■ DESCRIPTION OF THE TASK ■
Your answer should be the lines below from the one with "omega (arith, offset-le-memory" to the one with "(slice-splice m b.offset", both included, given again exactly and with nothing added.
Start of Block
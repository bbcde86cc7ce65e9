-- ===== src/ByteArray/Sequence.antt =====
-- src/bytearray.cpp: writes and reads one after the other, seen as a sequence of bytes.
use mathlib.Core.List.{append_assoc}
use tigerkin.Prelude.{
  ℕ, ◌+◌, ◌^◌, ◌≤◌, ◌<◌, ◌≡◌, refl, sym, ap, ◌∙◌, inl, List, ◌++◌, arith, length, length-append,
  length-concat, take, drop, slice, splice, take-add, take-splice, slice-splice, take-front,
  slice-back, take-append_le, concat,
}
use tigerkin.ByteArray.{ByteArray, Outcome, returns, Action, ◌>>=◌, ◌>>◌, write, read, set_offset}
use tigerkin.ByteArray.Invariant.{IsValid, memory}
use tigerkin.ByteArray.Writing.{write-Writes}
use tigerkin.ByteArray.Offset.{moved, set_offset_lem, moved-IsValid}
use tigerkin.ByteArray.Reading.{read-Advances}

-- From `b` to `c` the bytes `bs` were put behind what stood before the offset.
pub record Appends (b c : ByteArray) (bs : List ℕ) : Type 0 where
  pub valid : IsValid c
  pub bytes_eq : take c.offset (memory c) ≡ take b.offset (memory b) ++ bs
  pub offset_eq : c.offset ≡ b.offset + length bs
  pub size_eq : c.size ≡ b.size + length bs
  pub endian_eq : c.endian ≡ b.endian

abbrev pub Appending : ByteArray → List ℕ → Outcome (Unit {0}) → Type 0
Appending b bs r = (c : ByteArray) × (r ≡ returns tt c) × Appends b c bs

offset-le-memory : (b : ByteArray) → IsValid b → b.offset ≤ length (memory b)
offset-le-memory b v =
    omega (arith, v.within, v.room, v.filled, length-concat b.base_size b.nodes v.chunked)

pub write-Appending :
    (buf : List ℕ) (b : ByteArray)
    → IsValid b
    → b.size + length buf < 2 ^ 64
    → Appending b buf (write buf b)
write-Appending buf b v fits =
    let (c, e, o) = write-Writes buf b v fits in
    let m = memory b ++ o.more in
    let le : b.offset ≤ length m =
      omega (arith, offset-le-memory b v, length-append (memory b) o.more) in
    (
      c,
      e,
      record {
        valid = o.valid;
        bytes_eq =
            ap (λ n. take n (memory c)) o.offset_eq
            ∙ ap (take (b.offset + length buf)) o.memory_eq
            ∙ sym (
                take-add b.offset (length buf) (b.offset + length buf) (splice m b.offset buf) refl)
            ∙ ap (λ bs. take b.offset (splice m b.offset buf) ++ bs)
                (slice-splice m b.offset buf le)
            ∙ ap (λ bs. bs ++ buf)
                (take-splice m b.offset buf le
                  ∙ take-append_le b.offset (memory b) o.more (offset-le-memory b v));
        offset_eq = o.offset_eq;
        size_eq = o.size_eq;
        endian_eq = o.endian_eq;
      },
    )

pub Appends-trans :
    {b c d : ByteArray} (xs ys : List ℕ) → Appends b c xs → Appends c d ys → Appends b d (xs ++ ys)
Appends-trans {b} {c} {d} xs ys p q = record {
  valid = q.valid;
  bytes_eq =
      q.bytes_eq ∙ ap (λ bs. bs ++ ys) p.bytes_eq ∙ append_assoc (take b.offset (memory b)) xs ys;
  offset_eq = omega (arith, p.offset_eq, q.offset_eq, length-append xs ys);
  size_eq = omega (arith, p.size_eq, q.size_eq, length-append xs ys);
  endian_eq = q.endian_eq ∙ p.endian_eq;
}

-- Two writes in a row append one after the other.
pub Appending->> :
    (m k : Action (Unit {0})) (xs ys : List ℕ) (b : ByteArray)
    → Appending b xs (m b)
    → ((c : ByteArray) → Appends b c xs → Appending c ys (k c))
    → Appending b (xs ++ ys) ((m >> k) b)
Appending->> m k xs ys b (c, e, p) next =
    let (d, e', q) = next c p in (d, rw (e, ◌>>=◌) e', Appends-trans xs ys p q)

-- The next bytes to read are `bs`.
pub record Holds (b : ByteArray) (bs : List ℕ) : Type 0 where
  pub valid : IsValid b
  pub bytes_eq : slice b.offset (length bs) (memory b) ≡ bs
  pub left : b.offset + length bs ≤ b.size

-- A read takes the first bytes of what an array holds, and leaves the others.
pub read-Holds :
    (xs ys : List ℕ) (b : ByteArray)
    → Holds b (xs ++ ys)
    → 0 < length xs
    → (c : ByteArray) × (read (length xs) b ≡ returns xs c) × Holds c ys × (c.endian ≡ b.endian)
read-Holds xs ys b h pos =
    let len = length-append xs ys in
    let (c, e, a) = read-Advances (length xs) b h.valid pos (omega (arith, h.left, len)) in
    (
      c,
      e ∙ ap (λ bs. returns bs c) (take-front xs ys (drop b.offset (memory b)) h.bytes_eq),
      record {
        valid = a.valid;
        bytes_eq =
            ap (λ n. slice n (length ys) (memory c)) a.offset_eq
            ∙ ap (λ ns. slice (b.offset + length xs) (length ys) (concat ns)) a.nodes_eq
            ∙ slice-back b.offset xs ys (memory b) h.bytes_eq;
        left = omega (arith, a.offset_eq, a.size_eq, h.left, len);
      },
      a.endian_eq,
    )

-- setOffset(0) after a run of writes into an empty array: the array holds what was written.
pub rewind-Holds :
    (b c : ByteArray) (bs : List ℕ)
    → b.size ≡ 0
    → b.offset ≡ 0
    → Appends b c bs
    → (d : ByteArray) × (set_offset 0 c ≡ returns tt d) × Holds d bs × (d.endian ≡ c.endian)
rewind-Holds b c bs s o a =
    let v = a.valid in
    (
      moved 0 c,
      set_offset_lem 0 c v (omega arith),
      record {
        valid = moved-IsValid 0 c v (omega arith) (omega arith) (inl v.base_pos);
        bytes_eq =
            ap (λ n. take n (memory c)) {x = length bs} {y = c.offset}
              (omega (arith, a.offset_eq, o))
            ∙ a.bytes_eq
            ∙ ap (λ n. take n (memory b) ++ bs) o;
        left = ground (arith, a.size_eq);
      },
      refl,
    )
End of Block
■ SOLUTION ■
      omega (arith, offset-le-memory b v, length-append (memory b) o.more) in
    (
      c,
      e,
      record {
        valid = o.valid;
        bytes_eq =
            ap (λ n. take n (memory c)) o.offset_eq
            ∙ ap (take (b.offset + length buf)) o.memory_eq
            ∙ sym (
                take-add b.offset (length buf) (b.offset + length buf) (splice m b.offset buf) refl)
            ∙ ap (λ bs. take b.offset (splice m b.offset buf) ++ bs)
                (slice-splice m b.offset buf le)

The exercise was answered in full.